Luckily for me, someone had already went down this path. Kirby Turner had released AppDailySales, a python script that would automatically log into iTunesConnect and fetch the raw sales data. This would provide the base for what would become iTunesConnectArchiver.
My first task was rewriting AppDailySales to use BeautifulSoup for web scraping. BeautifulSoup is a wonderful little library that I will probably talk more about in a future post (we use it in Pulsar). This conversion gave us a web scraper that I could trust wouldn’t break every other week, as such things are prone to doing.
Next I set about adding some basic data parsing and munging. Raw sales data out of iTunes Connect is almost impossible to make any sense of, and needs to be heavily massaged to give you even a simple “I made $X today” figure. A big part of this is dealing with all the various currencies. iTunesConnectArchiver attempts to convert every foreign currency it sees into USD, basing it on the exchange rate for the day of that sale. No more will you be lulled into a false sense of richness because you made 25,000 yen.

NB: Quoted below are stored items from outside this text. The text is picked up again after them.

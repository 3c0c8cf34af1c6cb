-- ===== src/Worker/Progress.antt =====
-- src/worker/mod.rs: every job leaves the queue after a bounded number of turns, and no job is
-- executed more often than `MAX_JOB_ATTEMPTS` allows, whatever the executions return.
use agent_execution_platform.Prelude.{
  ℕ, zero, suc, ◌+◌, ◌-◌, ◌≤◌, ◌≡◌, refl, ap, Bool, true, false, Option, List, [], ◌∷◌, ◌++◌, arith,
  leb, if◌then◌else◌, Bool-cases, inl, inr,
}
use agent_execution_platform.Prelude.Text.{Text}
use agent_execution_platform.Service.{IsHealthy}
use agent_execution_platform.Types.{ExecutionJob, ExecutionStatus}
use agent_execution_platform.Queue.{Redis, max_job_attempts}
use agent_execution_platform.Queue.Payloads.{Codec}
use agent_execution_platform.Queue.Order.{Holds, dequeue_job-Holds}
use agent_execution_platform.Db.{Database}
use agent_execution_platform.Worker.{
  World, Executed, panicked, returned, re_enqueue_with_bump, settle, fire_webhook, process_job,
  error_message, is_revert, worker_turn, run_worker,
}
use agent_execution_platform.Worker.Requeue.{
  is_retry, comes_back, worker_turn-Holds, worker_turn-empty,
}

-- The executions that the attempt count still allows a job.
abbrev pub attempts_left : ExecutionJob → ℕ
attempts_left j = max_job_attempts - j.attempt_count

abbrev pub total_attempts_left : List ExecutionJob → ℕ
total_attempts_left [] = 0
total_attempts_left (j ∷ js) = attempts_left j + total_attempts_left js

-- The turns of the loop that a job can take: one for each execution, and one for a job that has
-- none left.
abbrev pub turns_left : ExecutionJob → ℕ
turns_left j = if leb max_job_attempts j.attempt_count then 1 else attempts_left j

abbrev pub total_turns : List ExecutionJob → ℕ
total_turns [] = 0
total_turns (j ∷ js) = turns_left j + total_turns js

total_turns-append :
    (xs ys : List ExecutionJob) → total_turns (xs ++ ys) ≡ total_turns xs + total_turns ys
total_turns-append [] ys = omega arith
total_turns-append (x ∷ xs) ys = omega (arith, total_turns-append xs ys)

total_attempts_left-append :
    (xs ys : List ExecutionJob)
    → total_attempts_left (xs ++ ys) ≡ total_attempts_left xs + total_attempts_left ys
total_attempts_left-append [] ys = omega arith
total_attempts_left-append (x ∷ xs) ys = omega (arith, total_attempts_left-append xs ys)

comes_back-fewer :
    (j : ExecutionJob) (o : Executed) → suc (total_turns (comes_back j o)) ≤ turns_left j
comes_back-fewer j o = elim (Bool-cases (is_retry o)) [
  | inl e ↦ rw e (ground arith)
  | inr e ↦ rw e (ground arith)
]

left_of : (j : ExecutionJob) → leb max_job_attempts j.attempt_count ≡ false → 1 ≤ attempts_left j
left_of j e = ground arith

comes_back-attempts :
    (j : ExecutionJob) (o : Executed)
    → total_attempts_left (comes_back j o)
      ≤ (if leb max_job_attempts j.attempt_count then 0 else attempts_left j - 1)
comes_back-attempts j o = elim (Bool-cases (is_retry o)) [
  | inl e ↦ rw e (ground arith)
  | inr e ↦ rw e (ground arith)
]

if_push :
    {A : Type 0} (f : A → ℕ) (b : Bool) (x y : A)
    → f (if b then x else y) ≡ (if b then f x else f y)
if_push f true x y = refl
if_push f false x y = refl

-- `n` executions become `n'` by a turn for `j`.
attempts-turn :
    (j : ExecutionJob) (js : List ExecutionJob) (o : Executed) (n n' : ℕ)
    → n' ≤ suc n
    → (if leb max_job_attempts j.attempt_count then n else n')
        + total_attempts_left (js ++ comes_back j o)
      ≤ n + total_attempts_left (j ∷ js)
attempts-turn j js o n n' h =
    ground
      (arith, total_attempts_left-append js (comes_back j o), comes_back-attempts j o, left_of j)

pub total_turns-turn :
    (j : ExecutionJob) (js : List ExecutionJob) (o : Executed)
    → suc (total_turns (js ++ comes_back j o)) ≤ total_turns (j ∷ js)
total_turns-turn j js o =
    omega (arith, total_turns-append js (comes_back j o), comes_back-fewer j o)

module _ {P S D N : Type 0} (codec : Codec P) (conn : Redis codec S) (pool : Database D) where
  fire_webhook-net :
      (j : ExecutionJob) (status : ExecutionStatus) (h e : Option Text) (w : World S D N)
      → (fire_webhook codec conn pool j status h e w).net ≡ w.net
  unfolding fire_webhook
  fire_webhook-net j status h e w = ground arith

  re_enqueue_with_bump-net :
      (j : ExecutionJob) (wid : ℕ) (w : World S D N)
      → (re_enqueue_with_bump codec conn pool j wid w).net ≡ w.net
  unfolding re_enqueue_with_bump
  re_enqueue_with_bump-net j wid w =
      elim (Bool-cases (leb max_job_attempts (j.attempt_count + 1))) [
        | inl last ↦ rw last (fire_webhook-net j _ _ _ _)
        | inr more ↦ rw more
      ]

  settle-net :
      (j : ExecutionJob) (wid : ℕ) (o : Executed) (w : World S D N)
      → (settle codec conn pool j wid o w).net ≡ w.net
  unfolding settle
  settle-net j wid panicked w = re_enqueue_with_bump-net j wid w
  settle-net j wid (returned r) w = elim (Bool-cases r.success) [
    | inl e ↦ rw e (fire_webhook-net j _ _ _ _)
    | inr e ↦ elim (Bool-cases (is_revert (error_message r))) [
      | inl f ↦ rw (e, f) (fire_webhook-net j _ _ _ _)
      | inr f ↦ rw (e, f) (re_enqueue_with_bump-net j wid w)
    ]
  ]

  process_job-net :
      (execute : ExecutionJob → N → Executed × N) (j : ExecutionJob) (wid : ℕ) (w : World S D N)
      → (process_job codec conn pool execute j wid w).net
        ≡ (if leb max_job_attempts j.attempt_count then w.net else (execute j w.net).1)
  unfolding process_job
  process_job-net execute j wid w = elim (Bool-cases (leb max_job_attempts j.attempt_count)) [
    | inl e ↦ rw e (fire_webhook-net j _ _ _ _)
    | inr e ↦ rw e (settle-net j wid _ _)
  ]

module _ {P S D N : Type 0} (codec : Codec P) (conn : Redis codec S) (pool : Database D)
    (execute : ExecutionJob → N → Executed × N) (wid : ℕ) where
  module _ (executions : N → ℕ)
      (counted : (j : ExecutionJob) (n : N) → executions (execute j n).1 ≤ suc (executions n)) where
    worker_turn-executions :
        (j : ExecutionJob) (js : List ExecutionJob) (w : World S D N)
        → IsHealthy conn
        → Holds codec (j ∷ js) (conn.view w.redis).main_list
        → executions (worker_turn codec conn pool execute wid w).net
            + total_attempts_left (js ++ comes_back j (execute j w.net).0)
          ≤ executions w.net + total_attempts_left (j ∷ js)
    unfolding worker_turn
    worker_turn-executions j js w healthy h =
        let (result, _, _, _) = dequeue_job-Holds codec conn wid (j ∷ js) w.redis healthy h in
        rw
          (
            result,
            process_job-net,
            if_push executions (leb max_job_attempts j.attempt_count) w.net (execute j w.net).1,
          )
          (attempts-turn j js (execute j w.net).0 (executions w.net)
            (executions (execute j w.net).1) (counted j w.net))

    -- While Redis answers, the executions made in any number of turns are no more than the attempts
    -- that the waiting jobs had left, at most three for each.
    pub run_worker-executions :
        (turns : ℕ) (js : List ExecutionJob) (w : World S D N)
        → IsHealthy conn
        → Holds codec js (conn.view w.redis).main_list
        → executions (run_worker codec conn pool execute turns wid w).net
          ≤ executions w.net + total_attempts_left js
    unfolding run_worker
    run_worker-executions zero js w healthy h = omega arith
    run_worker-executions (suc n) [] w healthy h =
        let (same, _, _, net) = worker_turn-empty codec conn pool execute wid w healthy h in
        let rest =
          run_worker-executions n [] (worker_turn codec conn pool execute wid w) healthy
            (rw same h) in
        omega (arith, rest, ap executions net)
    run_worker-executions (suc n) (j ∷ js) w healthy h =
        let (waits, back) = worker_turn-Holds codec conn pool execute wid j js w healthy h in
        omega (
          arith,
          worker_turn-executions j js w healthy h,
          run_worker-executions n (js ++ comes_back j (execute j w.net).0)
              (worker_turn codec conn pool execute wid w) healthy waits,
        )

The final piece of the puzzle was persistence. For this, I dumped all the parsed sales figures into an SQLite database. A big worry here was “missing a day”. A lot of people seem to collect their iTunes Connect sales data by hand, and if they forget to grab a day, it can disappear and never be seen again. Thus, iTunesConnectArchiver downloads all available data (typically 7 days worth of sales) and merges all of that into the database. It can miss as many as 6 days, and still not lose any data. We’ve been running it nightly with a cron task, and have a complete set of sales data thus far.
I also hacked in some basic ASCII charts and graphs to get some basic idea of how things are doing, but didn’t go too far down this road, as my main concern was just getting the data into storage for future usage.
After I finished the script in December, I decided to test it out for a few weeks to see if there were any bugs before releasing it. And sure enough, 4 months later when we shipped Airfoil Speakers Touch, there was a divide-by-zero bug (because AFSTouch is free!). With that sorted out, I am finally releasing it here:
It requires python
2.5 2.6 or later with the sqlite3 module, and BeautifulSoup (which is included). Also included is a ReadMe that describes in more detail how it works and how to use it.
I should note that I mainly intend this as something for others to build their own tools from. I will accept bug fix patches, but will probably reject any feature patches or feature requests which I don’t use myself. So, feel free to take this script and steal whatever you need from it for your own projects.